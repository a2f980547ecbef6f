-- ===== src/Tests/Routes.antt =====
-- Runs of router.rs, on matchers of literal paths.
use ftl.Prelude.{ℕ, ◌≤◌, ◌<◌, ◌≡◌, refl, Option, none, some, [], ◌∷◌, List, ok}
use native.Mathlib.Decide.{ℕ_discrete}
use ftl.Http.{Method, get, post, put, delete, patch, head, connect, options, trace, extension}
use ftl.Strings.{codes, text_eq, starts_with, trim_end_matches}
use ftl.Table.{Table, function_table}
use ftl.Router.{
  Route, Routing, Setup, on_setup, any_setup, fallback_setup, new, on, on_methods, add_methods, any,
  fallback, set_trim, build, apply, slot, slot_at, Slot-discrete, find_node, lookup_path,
  match_route, call_opt,
}
use ftl.Router.Matchers.{exact}
use ftl.Router.Matching.{match_route-ok}

ran : Unit {0}
unfolding ℕ_discrete Slot-discrete text_eq starts_with trim_end_matches new on on_methods
    add_methods any fallback set_trim build apply slot slot_at find_node lookup_path match_route
    call_opt
ran = tt

abbrev routes : Table ℕ (Route ℕ)
routes = function_table ℕ_discrete

abbrev calls : List (Setup ℕ)
calls =
    on_setup (get ∷ post ∷ []) (codes "/a") 10 ∷ any_setup (codes "/b") 20 ∷ fallback_setup 30 ∷ []

abbrev of : Option (Routing exact routes) → Routing exact routes
unfolding ran
of none = new exact routes
of (some r) = r

abbrev site : Routing exact routes
unfolding ran
site = of (build exact routes calls (new exact routes))

call_opt_tests :
    (call_opt exact routes post (codes "/a/") site ≡ some (10, some (tt, codes "/a")))
    × (call_opt exact routes get (codes "/b") site ≡ some (20, some (tt, codes "/b")))
    × (call_opt exact routes get (codes "/c") site ≡ some (30, none))
unfolding ran
call_opt_tests = (refl, refl, refl)

match_route-ok_example :
    (route : Route ℕ) × (routes.get 1 site.routes ≡ some route)
    × (1 ≤ 1)
    × (1 < site.counter)
    × (match_route exact routes post (codes "/a/") site ≡ ok (route, tt))
unfolding ran
match_route-ok_example = match_route-ok exact routes calls site post (codes "/a/") 1 tt refl refl

-- A route is added to the matcher that its method is looked up in.
slot-slot_at_test : (m : Method) → slot m ≡ (slot_at m).0
unfolding slot slot_at
slot-slot_at_test get = refl
slot-slot_at_test post = refl
slot-slot_at_test put = refl
slot-slot_at_test delete = refl
slot-slot_at_test patch = refl
slot-slot_at_test head = refl
slot-slot_at_test connect = refl
slot-slot_at_test options = refl
slot-slot_at_test trace = refl
slot-slot_at_test (extension e) = refl
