-- ===== src/Tls.antt =====
-- serve/tls_rustls.rs: the acceptor, the loaders of a configuration, and its reloads. What rustls and
-- rustls_pemfile make of certificates and keys, and the files, are parameters; an error is its kind or
-- its text. An `ArcSwap` is the value that it holds.
use ftl.Prelude.{ℕ, Option, none, some, List, [], ◌∷◌, Result, ok, err}
use ftl.Prelude.Results.{◌>>=◌}
use ftl.Http.{Text}
use ftl.Strings.{codes}
use ftl.Accepts.{IoError, Accepting, plus, timeout_accept}
pub mod Openssl
pub mod Reloads
pub mod Loads

pub data TlsError : Type 0 where
  missing_private_key multiple_private_keys no_item wrong_item invalid_certificate : TlsError
  -- any other, by its number
  other : ℕ → TlsError

abbrev pub Bytes : Type 0
Bytes = List ℕ

-- `rustls_pemfile::Item`: the three kinds of private keys, and the others.
pub data Item : Type 0 where
  sec1_key pkcs1_key pkcs8_key : Bytes → Item
  other_item : Item

-- What the other packages do: `PrivateKeyDer::try_from`, `with_single_cert` on the default builder,
-- the protocols that its configuration names, `certs`, `read_all`, `read_one`, and `read_to_string`.
pub record Rustls {ℓ} (Key Config File : Type ℓ) : Type ℓ where
  pub try_from : Bytes → Result Key TlsError
  pub key_of : Bytes → Key
  pub with_single_cert : List Bytes → Key → Result Config TlsError
  pub default_protocols : List Text
  pub certs : Text → Result (List Bytes) TlsError
  pub read_all : Text → List (Result Item TlsError)
  pub read_one : Text → Result (Option Item) TlsError
  pub read_to_string : File → Result Text TlsError

pub record ServerConfig {ℓ} (Config : Type ℓ) : Type ℓ where
  pub config : Config
  pub alpn_protocols : List Text

abbrev pub protocols : List Text
protocols = codes "h2" ∷ codes "http/1.1" ∷ []

-- The closure of `filter_map`.
abbrev pub secret : Result Item TlsError → Option Bytes
secret (ok (sec1_key k)) = some k
secret (ok (pkcs1_key k)) = some k
secret (ok (pkcs8_key k)) = some k
secret (ok other_item) = none
secret (err e) = none

abbrev cons_option : Option Bytes → List Bytes → List Bytes
cons_option none ks = ks
cons_option (some k) ks = k ∷ ks

unfoldable pub secrets : List (Result Item TlsError) → List Bytes
secrets [] = []
secrets (i ∷ is) = cons_option (secret i) (secrets is)

-- `keys.next()`, twice.
unfoldable pub only_key : List Bytes → Result Bytes TlsError
only_key [] = err missing_private_key
only_key (k ∷ []) = ok k
only_key (k ∷ (l ∷ ks)) = err multiple_private_keys

-- The builder's configuration as it comes.
abbrev pub built {ℓ} :
    {Config : Type ℓ} → List Text → Result Config TlsError → Result (ServerConfig Config) TlsError
built defaults (ok c) = ok (record { config = c; alpn_protocols = defaults })
built defaults (err e) = err invalid_certificate

module _ {ℓ} {Key Config File : Type ℓ} (r : Rustls Key Config File) where
  unfoldable pub config_from_der : List Bytes → Bytes → Result (ServerConfig Config) TlsError
  config_from_der cert key = do
    k ← r.try_from key
    c ← r.with_single_cert cert k
    ok (record { config = c; alpn_protocols = protocols })

  unfoldable pub config_from_pem : Text → Text → Result (ServerConfig Config) TlsError
  unfolding config_from_der only_key secrets
  config_from_pem cert key = do
    certs ← r.certs cert
    k ← only_key (secrets (r.read_all key))
    config_from_der certs k

  unfoldable pub config_from_pem_file : File → File → Result (ServerConfig Config) TlsError
  unfolding config_from_pem
  config_from_pem_file cert key = do
    c ← r.read_to_string cert
    k ← r.read_to_string key
    config_from_pem c k

  unfoldable pub item_key : Option Item → Result Key TlsError
  item_key none = err no_item
  item_key (some (pkcs8_key k)) = ok (r.key_of k)
  item_key (some (sec1_key k)) = ok (r.key_of k)
  item_key (some (pkcs1_key k)) = ok (r.key_of k)
  item_key (some other_item) = err wrong_item

  unfoldable pub config_from_pem_chain_file : File → File → Result (ServerConfig Config) TlsError
  unfolding item_key
  config_from_pem_chain_file cert chain = do
    c ← r.read_to_string cert
    k ← r.read_to_string chain
    certs ← r.certs c
    item ← r.read_one k
    key ← item_key item
    built r.default_protocols (r.with_single_cert certs key)

-- How a configuration is loaded, for `from_` and `reload_from_`.
pub data Source {ℓ} (Config File : Type ℓ) : Type ℓ where
  config_source : ServerConfig Config → Source Config File
  der_source : List Bytes → Bytes → Source Config File
  pem_source : Text → Text → Source Config File
  pem_file_source pem_chain_file_source : File → File → Source Config File

module _ {ℓ} {Key Config File : Type ℓ} (r : Rustls Key Config File) where
  -- `from_config`, `from_der`, `from_pem`, `from_pem_file` and `from_pem_chain_file`
  unfoldable pub load : Source Config File → Result (ServerConfig Config) TlsError
  unfolding config_from_der config_from_pem config_from_pem_file config_from_pem_chain_file
  load (config_source c) = ok c
  load (der_source cert key) = config_from_der r cert key
  load (pem_source cert key) = config_from_pem r cert key
  load (pem_file_source cert key) = config_from_pem_file r cert key
  load (pem_chain_file_source chain key) = config_from_pem_chain_file r chain key

-- The reloads of both TLS files, on how a configuration is loaded: what the `ArcSwap` holds after it,
-- and the result. A load that fails leaves it.
unfoldable pub store {κ μ} :
    {Config : Type κ} {E : Type μ} → Result Config E → Config → Config × Result (Unit {0}) E
store (ok new) old = (new, ok tt)
store (err e) old = (old, err e)

unfoldable pub reload {ℓ κ μ} :
    {Source : Type ℓ} {Config : Type κ} {E : Type μ}
    → (Source → Result Config E)
    → Source
    → Config
    → Config × Result (Unit {0}) E
unfolding store
reload load s old = store (load s) old

-- The acceptors of both TLS files: after the inner acceptor, the handshake has a timeout of its own.
-- `accept` is the handshake with the configuration that is held then.
module _ {ℓ} {A B : Type ℓ} where
  after_inner : ℕ → Option ℕ → Result A IoError → (A → Accepting B) → Accepting B
  unfolding timeout_accept plus
  after_inner timeout t (err e) accept = record { takes = t; comes_to = err e }
  after_inner timeout t (ok stream) accept =
      let handshake = timeout_accept timeout (accept stream) in
      record { takes = plus t handshake.takes; comes_to = handshake.comes_to }

  unfoldable pub tls_accept : ℕ → Accepting A → (A → Accepting B) → Accepting B
  unfolding after_inner
  tls_accept timeout inner accept = after_inner timeout inner.takes inner.comes_to accept
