-- ===== src/Tls/Loads.antt =====
-- serve/tls_rustls.rs: what the loaders take, and the protocols that they offer.
use ftl.Prelude.{◌≡◌, ◌↔◌, List, [], ◌∷◌, Result, ok, err, arith}
use ftl.Prelude.Results.{bind_ok}
use ftl.Http.{Text}
use ftl.Strings.{codes}
use ftl.Tls.{
  TlsError, Bytes, Rustls, ServerConfig, secrets, only_key, config_from_der, config_from_pem,
  config_from_pem_file, config_from_pem_chain_file, item_key, built, Source, config_source,
  der_source, pem_source, pem_file_source, pem_chain_file_source, load,
}

only_key-ok : (ks : List Bytes) (k : Bytes) → (only_key ks ≡ ok k) ↔ (ks ≡ k ∷ [])
unfolding only_key
only_key-ok [] k = ground arith
only_key-ok (l ∷ []) k = ground arith
only_key-ok (l ∷ (m ∷ ks)) k = ground arith

module _ {ℓ} {Key Config File : Type ℓ} (r : Rustls Key Config File) where
  -- The protocols that a source offers: the two that are named, or rustls's own.
  abbrev pub offered : Source Config File → List Text
  offered (config_source c) = c.alpn_protocols
  offered (der_source cert key) = codes "h2" ∷ codes "http/1.1" ∷ []
  offered (pem_source cert key) = codes "h2" ∷ codes "http/1.1" ∷ []
  offered (pem_file_source cert key) = codes "h2" ∷ codes "http/1.1" ∷ []
  offered (pem_chain_file_source chain key) = r.default_protocols

  der_offers :
      (cert : List Bytes) (key : Bytes) (c : ServerConfig Config)
      → config_from_der r cert key ≡ ok c
      → c.alpn_protocols ≡ codes "h2" ∷ codes "http/1.1" ∷ []
  unfolding config_from_der
  der_offers cert key c h =
      let (k, _, h') = bind_ok (r.try_from key) _ h in
      let (d, _, h'') = bind_ok (r.with_single_cert cert k) _ h' in cc

  pub config_from_pem-ok :
      (cert key : Text) (c : ServerConfig Config)
      → config_from_pem r cert key ≡ ok c
      → (certs : List Bytes) × (k : Bytes) × (r.certs cert ≡ ok certs)
        × (secrets (r.read_all key) ≡ k ∷ [])
        × (config_from_der r certs k ≡ ok c)
  unfolding config_from_pem
  config_from_pem-ok cert key c h =
      let (certs, e, h') = bind_ok (r.certs cert) _ h in
      let (k, f, h'') = bind_ok (only_key (secrets (r.read_all key))) _ h' in
      (certs, k, e, (only_key-ok (secrets (r.read_all key)) k).0 f, h'')

  pem_offers :
      (cert key : Text) (c : ServerConfig Config)
      → config_from_pem r cert key ≡ ok c
      → c.alpn_protocols ≡ codes "h2" ∷ codes "http/1.1" ∷ []
  pem_offers cert key c h =
      let (certs, k, _, _, d) = config_from_pem-ok cert key c h in der_offers certs k c d

  pem_file_offers :
      (cert key : File) (c : ServerConfig Config)
      → config_from_pem_file r cert key ≡ ok c
      → c.alpn_protocols ≡ codes "h2" ∷ codes "http/1.1" ∷ []
  unfolding config_from_pem_file
  pem_file_offers cert key c h =
      let (x, _, h') = bind_ok (r.read_to_string cert) _ h in
      let (y, _, h'') = bind_ok (r.read_to_string key) _ h' in pem_offers x y c h''

  built_offers :
      (defaults : List Text) (x : Result Config TlsError) (c : ServerConfig Config)
      → built defaults x ≡ ok c
      → c.alpn_protocols ≡ defaults
  built_offers defaults (ok d) c h = cc
  built_offers defaults (err e) c h = cc

  chain_file_offers :
      (chain key : File) (c : ServerConfig Config)
      → config_from_pem_chain_file r chain key ≡ ok c
      → c.alpn_protocols ≡ r.default_protocols
  unfolding config_from_pem_chain_file
  chain_file_offers chain key c h =
      let (x, _, h1) = bind_ok (r.read_to_string chain) _ h in
      let (y, _, h2) = bind_ok (r.read_to_string key) _ h1 in
      let (certs, _, h3) = bind_ok (r.certs x) _ h2 in
      let (i, _, h4) = bind_ok (r.read_one y) _ h3 in
      let (k, _, h5) = bind_ok (item_key r i) _ h4 in
      built_offers r.default_protocols (r.with_single_cert certs k) c h5

  -- A rustls configuration that was loaded from DER, from PEM texts or from PEM files offers h2 and
  -- http/1.1, in this order; one that was loaded from a PEM chain file offers rustls's default
  -- protocols; a configuration that was given offers what it did.
  pub load-offered :
      (s : Source Config File) (c : ServerConfig Config)
      → load r s ≡ ok c
      → c.alpn_protocols ≡ offered s
  unfolding load
  load-offered (config_source d) c h = cc
  load-offered (der_source cert key) c h = der_offers cert key c h
  load-offered (pem_source cert key) c h = pem_offers cert key c h
  load-offered (pem_file_source cert key) c h = pem_file_offers cert key c h
  load-offered (pem_chain_file_source chain key) c h = chain_file_offers chain key c h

▶ _HOW TO COMPLETE THIS TASK_:
Return the span of lines in the data above that opens at the line with "abbrev pub Bytes : Type 0" and closes at the line with "secret (ok (sec1_key k)) = some k", exactly, ends included, nothing else.

▶ _YOUR SOLUTION_:
abbrev pub Bytes : Type 0
Bytes = List ℕ

-- `rustls_pemfile::Item`: the three kinds of private keys, and the others.
pub data Item : Type 0 where
  sec1_key pkcs1_key pkcs8_key : Bytes → Item
  other_item : Item

-- What the other packages do: `PrivateKeyDer::try_from`, `with_single_cert` on the default builder,
-- the protocols that its configuration names, `certs`, `read_all`, `read_one`, and `read_to_string`.
pub record Rustls {ℓ} (Key Config File : Type ℓ) : Type ℓ where
  pub try_from : Bytes → Result Key TlsError
  pub key_of : Bytes → Key
  pub with_single_cert : List Bytes → Key → Result Config TlsError
  pub default_protocols : List Text
  pub certs : Text → Result (List Bytes) TlsError
  pub read_all : Text → List (Result Item TlsError)
  pub read_one : Text → Result (Option Item) TlsError
  pub read_to_string : File → Result Text TlsError

pub record ServerConfig {ℓ} (Config : Type ℓ) : Type ℓ where
  pub config : Config
  pub alpn_protocols : List Text

abbrev pub protocols : List Text
protocols = codes "h2" ∷ codes "http/1.1" ∷ []

-- The closure of `filter_map`.
abbrev pub secret : Result Item TlsError → Option Bytes
secret (ok (sec1_key k)) = some k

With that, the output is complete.